Two queries in query.sql. The first is a two-CTE pipeline (CustomerSpend, above). The second is a CTE used twice:

sql

-- name: OrderShareOfTotal :many
WITH order_totals AS MATERIALIZED (
    SELECT o.id AS order_id, sum(oi.quantity * oi.unit_price)::bigint AS cents
    FROM orders o JOIN order_items oi ON oi.order_id = o.id GROUP BY o.id
)
SELECT order_id, cents,
       round(100.0 * cents / (SELECT sum(cents) FROM order_totals), 1)::text AS pct
FROM order_totals ORDER BY order_id;

order_totals is read in FROM and in (SELECT sum(cents) FROM order_totals) — hence each order's share of the grand total.

Running it

Bring up the sandbox (from the repo root) and apply the Brew base schema:

docker compose up -d
make lecture L=04-querying-across-tables/04-06-ctes-and-materialization T=db-reset
make lecture L=04-querying-across-tables/04-06-ctes-and-materialization

(T=run is the default. From inside the unit directory it's make db-reset, make run.)

Output:

plaintext

1) Траты клиента — CTE-конвейер (order_totals → per_customer → имя):
   клиент           заказов потрачено
   Алиса Иванова          2     19.30
   Борис Петров           1      3.00
   → суммы посчитаны из позиций order_items; Карины нет — у неё заказов нет.
 
2) Доля заказа от общего — CTE order_totals использован дважды (FROM + scalar-подзапрос):
   заказ      сумма  доля,%
   #1          9.70    43.5
   #2          3.00    13.5
   #3          9.60    43.0
   → ссылок на CTE две → Postgres материализует его (считает один раз, переиспользует).

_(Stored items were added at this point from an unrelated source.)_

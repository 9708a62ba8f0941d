-- ===== src/Proxy/Captured/Hex.antt =====
-- The hexadecimal numbers in the names of captured packets, written by relay.rs of
-- crates/mc-proxy/src and read by server.rs.
use pico_server_rs.Base.{
  ℕ, zero, suc, ◌+◌, ◌-◌, ◌*◌, ◌/◌, ◌%◌, ◌^◌, ◌<◌, ◌≤◌, ◌≡◌, refl, sym, ap, ◌∙◌, [], ◌∷◌, Bool,
  true, false, some, ◌==◌, ◌&&◌, leb, ltb, if◌then◌else◌, and_then, All, arith, Bool-cases, inl,
  inr, ltb→lt, lt→ltb,
}
use native.Mathlib.Nat.{pow-suc}
use pico_server_rs.Base.Words.{Bytes}
use pico_server_rs.World.Region.Name.{below}
use pico_server_rs.Proxy.Captured.{hex_char, hex_digits, hex_02, hex_digit, hex_value, parse_hex}

hex_digit-hex_char : (d : ℕ) → d < 16 → hex_digit (hex_char d) ≡ some d
hex_digit-hex_char d h = elim (Bool-cases (ltb d 10)) [
  | inl low ↦
      let inside : (leb 48 (48 + d) && leb (48 + d) 57) ≡ true = ground arith in
      let back : 48 + d - 48 ≡ d = omega arith in rw (low, inside, back) refl
  | inr high ↦
      let past : (leb 48 (87 + d) && leb (87 + d) 57) ≡ false = ground arith in
      let inside : (leb 97 (87 + d) && leb (87 + d) 102) ≡ true = ground arith in
      let back : 87 + d - 87 ≡ d = omega arith in rw (high, past, inside, back) refl
]

hex_value-hex_char :
    (acc d : ℕ) (s : Bytes) → d < 16 → hex_value acc (hex_char d ∷ s) ≡ hex_value (acc * 16 + d) s
unfolding hex_value
hex_value-hex_char acc d s h =
    ap (λ o. and_then o (λ d. hex_value (acc * 16 + d) s)) (hex_digit-hex_char d h)

hex_last :
    (v : ℕ) (rest : Bytes) → v < 16 → hex_value 0 (hex_char (v % 16) ∷ rest) ≡ hex_value v rest
hex_last v rest h =
    let whole : 0 * 16 + v % 16 ≡ v = omega arith in
    hex_value-hex_char 0 (v % 16) rest (omega arith) ∙ ap (λ a. hex_value a rest) whole

hex_value-hex_digits :
    (places v : ℕ) (rest : Bytes)
    → v < 16 ^ places
    → 1 ≤ places
    → hex_value 0 (hex_digits places v rest) ≡ hex_value v rest
unfolding hex_digits
hex_value-hex_digits zero v rest h p = absurd (omega arith)
hex_value-hex_digits (suc zero) v rest h p =
    let small : ltb v 16 ≡ true = lt→ltb v 16 (omega arith) in
    ap (λ b. hex_value 0 (if b then hex_char (v % 16) ∷ rest else hex_char (v % 16) ∷ rest)) small
    ∙ hex_last v rest (omega arith)
hex_value-hex_digits (suc (suc places)) v rest h p =
    let longer = hex_digits (suc places) (v / 16) (hex_char (v % 16) ∷ rest) in
    elim (Bool-cases (ltb v 16)) [
      | inl small ↦
          ap (λ b. hex_value 0 (if b then hex_char (v % 16) ∷ rest else longer)) small
          ∙ hex_last v rest (ltb→lt _ _ small)
      | inr more ↦
          let whole : v / 16 * 16 + v % 16 ≡ v = omega arith in
          let fits : v / 16 < 16 ^ suc places = omega (arith, pow-suc 16 (suc places)) in
          ap (λ b. hex_value 0 (if b then hex_char (v % 16) ∷ rest else longer)) more
          ∙ hex_value-hex_digits (suc places) (v / 16) (hex_char (v % 16) ∷ rest) fits (omega arith)
          ∙ hex_value-hex_char (v / 16) (v % 16) rest (omega arith)
          ∙ ap (λ a. hex_value a rest) whole
    ]

-- Some bytes from "0" on.
abbrev pub Text : Bytes → Type 0
Text s = (c : ℕ) × (t : Bytes) × (s ≡ c ∷ t) × (48 ≤ c) × All (λ b. 48 ≤ b) t

hex_char-high : (d : ℕ) → 48 ≤ hex_char d
hex_char-high d = elim (Bool-cases (ltb d 10)) [
  | inl low ↦ rw low (omega arith)
  | inr high ↦ rw high (omega arith)
]

Text-before : (d : ℕ) (s : Bytes) → Text s → Text (hex_char d ∷ s)
Text-before d s (c, t, e, high, rest) = (hex_char d, s, refl, hex_char-high d, rw e (high, rest))

if-Text : (b : Bool) (s t : Bytes) → Text s → Text t → Text (if b then s else t)
if-Text true s t h k = h
if-Text false s t h k = k

hex_digits-Text : (places v : ℕ) (rest : Bytes) → Text rest → Text (hex_digits places v rest)
unfolding hex_digits
hex_digits-Text zero v rest h = h
hex_digits-Text (suc places) v rest h =
    let here = Text-before (v % 16) rest h in
    if-Text (ltb v 16) _ _ here (hex_digits-Text places (v / 16) (hex_char (v % 16) ∷ rest) here)

one_char-Text : (d : ℕ) → Text (hex_char d ∷ [])
one_char-Text d = (hex_char d, [], refl, hex_char-high d, tt)

pub hex_02-Text : (v : ℕ) → Text (hex_02 v)
unfolding hex_02 hex_digits
hex_02-Text v =
    if-Text (ltb v 16) _ _ (48, hex_char v ∷ [], refl, omega arith, (hex_char-high v, tt))
      (if-Text (ltb v 16) _ _ (one_char-Text (v % 16))
        (hex_digits-Text 7 (v / 16) (hex_char (v % 16) ∷ []) (one_char-Text (v % 16))))

parse_hex-Text : (s : Bytes) → Text s → parse_hex s ≡ and_then (hex_value 0 s) (below (2 ^ 31))
unfolding parse_hex
parse_hex-Text s (c, [], e, high, hs) = rw e refl
parse_hex-Text s (c, d ∷ t, e, high, hs) =
    let minus : (c == 45) ≡ false = ground arith in
    let plus : (c == 43) ≡ false = ground arith in
    ap parse_hex e
    ∙ rw (minus, plus) refl
    ∙ ap (λ s. and_then (hex_value 0 s) (below (2 ^ 31))) (sym e)

hex_value-hex_02 : (v : ℕ) → v < 2 ^ 32 → hex_value 0 (hex_02 v) ≡ some v
unfolding hex_02 hex_value
hex_value-hex_02 v h = elim (Bool-cases (ltb v 16)) [
  | inl small ↦
      ap (λ b. hex_value 0 (if b then 48 ∷ hex_char v ∷ [] else hex_digits 8 v [])) small
      ∙ hex_value-hex_char 0 v [] (ltb→lt _ _ small)
      ∙ ap some (omega arith)
  | inr more ↦
      ap (λ b. hex_value 0 (if b then 48 ∷ hex_char v ∷ [] else hex_digits 8 v [])) more
      ∙ hex_value-hex_digits 8 v [] (omega arith) (omega arith)
]

pub parse_hex-hex_02 : (v : ℕ) → v < 2 ^ 31 → parse_hex (hex_02 v) ≡ some v
parse_hex-hex_02 v h =
    parse_hex-Text (hex_02 v) (hex_02-Text v)
    ∙ ap (λ o. and_then o (below (2 ^ 31))) (hex_value-hex_02 v (omega arith))
    ∙ rw (lt→ltb v (2 ^ 31) h) refl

(The demo prints in Russian.) The first query read as three steps and collapsed spend per customer (totals come from order_items, so Alice = 9.70 + 9.60 = 19.30). The second reused one CTE twice and computed each order's share of the grand total (9.70 + 3.00 + 9.60 = 22.30 → 43.5% + 13.5% + 43.0%).

The fence

What we simplified.

The difference between inlining and materialization is visible not in the result (it's the same) but in the plan: a materialized CTE puts up a "fence" the optimizer won't push filters through, and on large data a stray AS MATERIALIZED sometimes hurts (the server computes the whole CTE even though only a couple of rows are needed outside). You can see this only via EXPLAIN — that's module 06, so here we only name the levers without measuring them.
A CTE is about readability, not speed. The belief "I'll rewrite the subquery into a WITH and it'll be faster" is a myth (before PG12 materialization was always on and sometimes even hurt).
A recursive CTE (WITH RECURSIVE) is a separate big topic: traversing trees and graphs; unit 08-04 is devoted to it.

Takeaways

A CTE (WITH name AS (...)) gives an intermediate result a name; the query turns from a "subquery matryoshka" into a linear pipeline of steps.
CTEs can be chained: the next references the previous — that's the main value for readability.
A CTE on its own doesn't speed up a query; it's about code structure, not performance.
Since PG12: one reference → the CTE is inlined; more than one (or a write inside) → it's materialized. The levers are AS MATERIALIZED / AS NOT MATERIALIZED.
The inline/materialize difference shows up in the plan (EXPLAIN, module 06), not in the result.

That completes module 04, "Querying across tables": you can connect tables (JOIN/self-join), collapse rows into summaries (GROUP BY/HAVING, DISTINCT ON), ask questions with questions (subqueries, EXISTS vs IN), and assemble readable pipelines (CTE). Next up — module 05 "Transactions, MVCC, and concurrency": what happens when several sessions reach for this data at once.